YOU MAY FIND THE IGNITER PINOUT THANKS TO MINKELR, AT THE FOLLOWING LINK
NOTE: THIS TUTORIAL IS WORKING WITH THE IGNITION SYSTEM, WHICH IS ELECTRICAL. IT IS ALWAYS RECOMMENDED TO REMOVE THE BATTERY BEFORE DOING ANY ELECTRICAL WORK
FOR THIS TUTORIAL, YOU WILL NEED TO REMOVE THE INTAKE TUBING, AND THE BATTERY, OR REMOVE THE DISTRIBUTOR
This will explain what the Ignition Control Module is, what is does, how to tell if its bad, and how to replace it.
ICM - What is It?
To better understand the ICM, it is important to know that the Ignition Coil(black box on the opposite side from ICM) is what provides the electric current to the contact points in the Distributor Cap. The ICM helps manage the current used by the Ignition Coil. Thus creating the spark, which travels through your plug wires into your spark plugs. This is important because with Internal Combustion Engines, the spark must ignite strong to be able to ignite the Air/Fuel mixture in each cylinder
A bad ICM Could make your engine overheat, or not start at all, it could also cause bad hesitation and loss of power
Now I know what it is, but where can I order a new one without spending alot of money?
You can order new one on rockauto.com, they range from 30 to 60 dollars US.
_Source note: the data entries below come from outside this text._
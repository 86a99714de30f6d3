-- ===== src/Failures/Diagnostic/Tests.antt =====
-- A diagnostic of a schema failure.
use inryeok_bot.Prelude.{String, ◌≡◌, refl, some, List, [], ◌∷◌, text_prefix}
use inryeok_bot.Failures.Diagnostic.{read_part, read_parts, diagnostic_parts}

abbrev items : List String
items = "output_field=findings.0.line;type=int_type" ∷ []

diagnostic_parts_read : diagnostic_parts items ≡ (some "findings.0.line", some "int_type")
unfolding diagnostic_parts read_parts read_part text_prefix
diagnostic_parts_read = refl
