-- ===== src/Jobs.antt =====
-- The review job queue (app/jobs/models.py, app/jobs/repository.py).
pub mod Model
pub mod Unique
pub mod States
pub mod Claim
pub mod Recover
pub mod Enqueue
pub mod Finish
pub mod Retry
pub mod Fixtures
I ordered it, how do I replace it?
To replace the ICM, you need to remove the battery to avoid shorting something out, this also gives your ECU time to reset and clear any stored codes or limp modes it may be encountering. For this tutorial, the distributor will remain on the engine, so you will need to remove the intake tube connecting to the Air Intake Manifold. You will need a Philips head and a flat head, I used a leatherman.
So without further boring reading, I will now inform you how to replace the ICM.
First steps first, assuming you have already removed your battery and air intake tube, you now MUST remove the distributor cap, remove the three screws
Now once your cap is off, put it out of the way and locate the ICM, remember it is OPPOSITE to the Ignition Coil
Now, unhook the wires from the ICM, remember they must hook onto the New one the SAME way they came off.
Now, there are 2 screws on the outside of the distributor on the ICM side that you must remove, flat head screw driver will remove them and should not strip them out. (Unfortunately, I could not get a picture of them, sorry.) This will allow you to remove the ICM(I removed the rotor as well, gave me the chance to clean up the contact point)
This part will have no pictures, due to the fact it got dark when I was putting it back together.
Next, Put the NEW ICM in place of the old one, and hold it so you can put the screws down onto it. This should be done with care to assure the threads do NOT strip out.
Then, hook the wires to the new ICM, remember to put them back into the place that they go in. The bottom one will not reach anywhere else.
Now(assuming you have put the rotor back on) you can replace the distributor cap, remember it only goes on one way(as well as the rotor). Make sure you do not strip the threads, and make sure each screw goes in snug. You do not want any looseness in your ignition system.
If you unhooked your spark plug wires, replace them.
Put your intake tube, and your battery back in and make sure that you did not knock anything loose. Everything should be in its place.
Now start your engine, and drive it easy for a few hundred miles(not necessary, but I recommend atleast 700 to 800 miles of easy driving, just to ensure that your ICM has a full long life)
You have done it, you replaced an essential part of your ignition system. And now you know how to do it. This tutorial may not be posted somewhere else without my permission, G1Teg, its owners, members, and staff are not responsible if you mess anything up. Always take the recommended safety precautions before working on ANY Vehicle.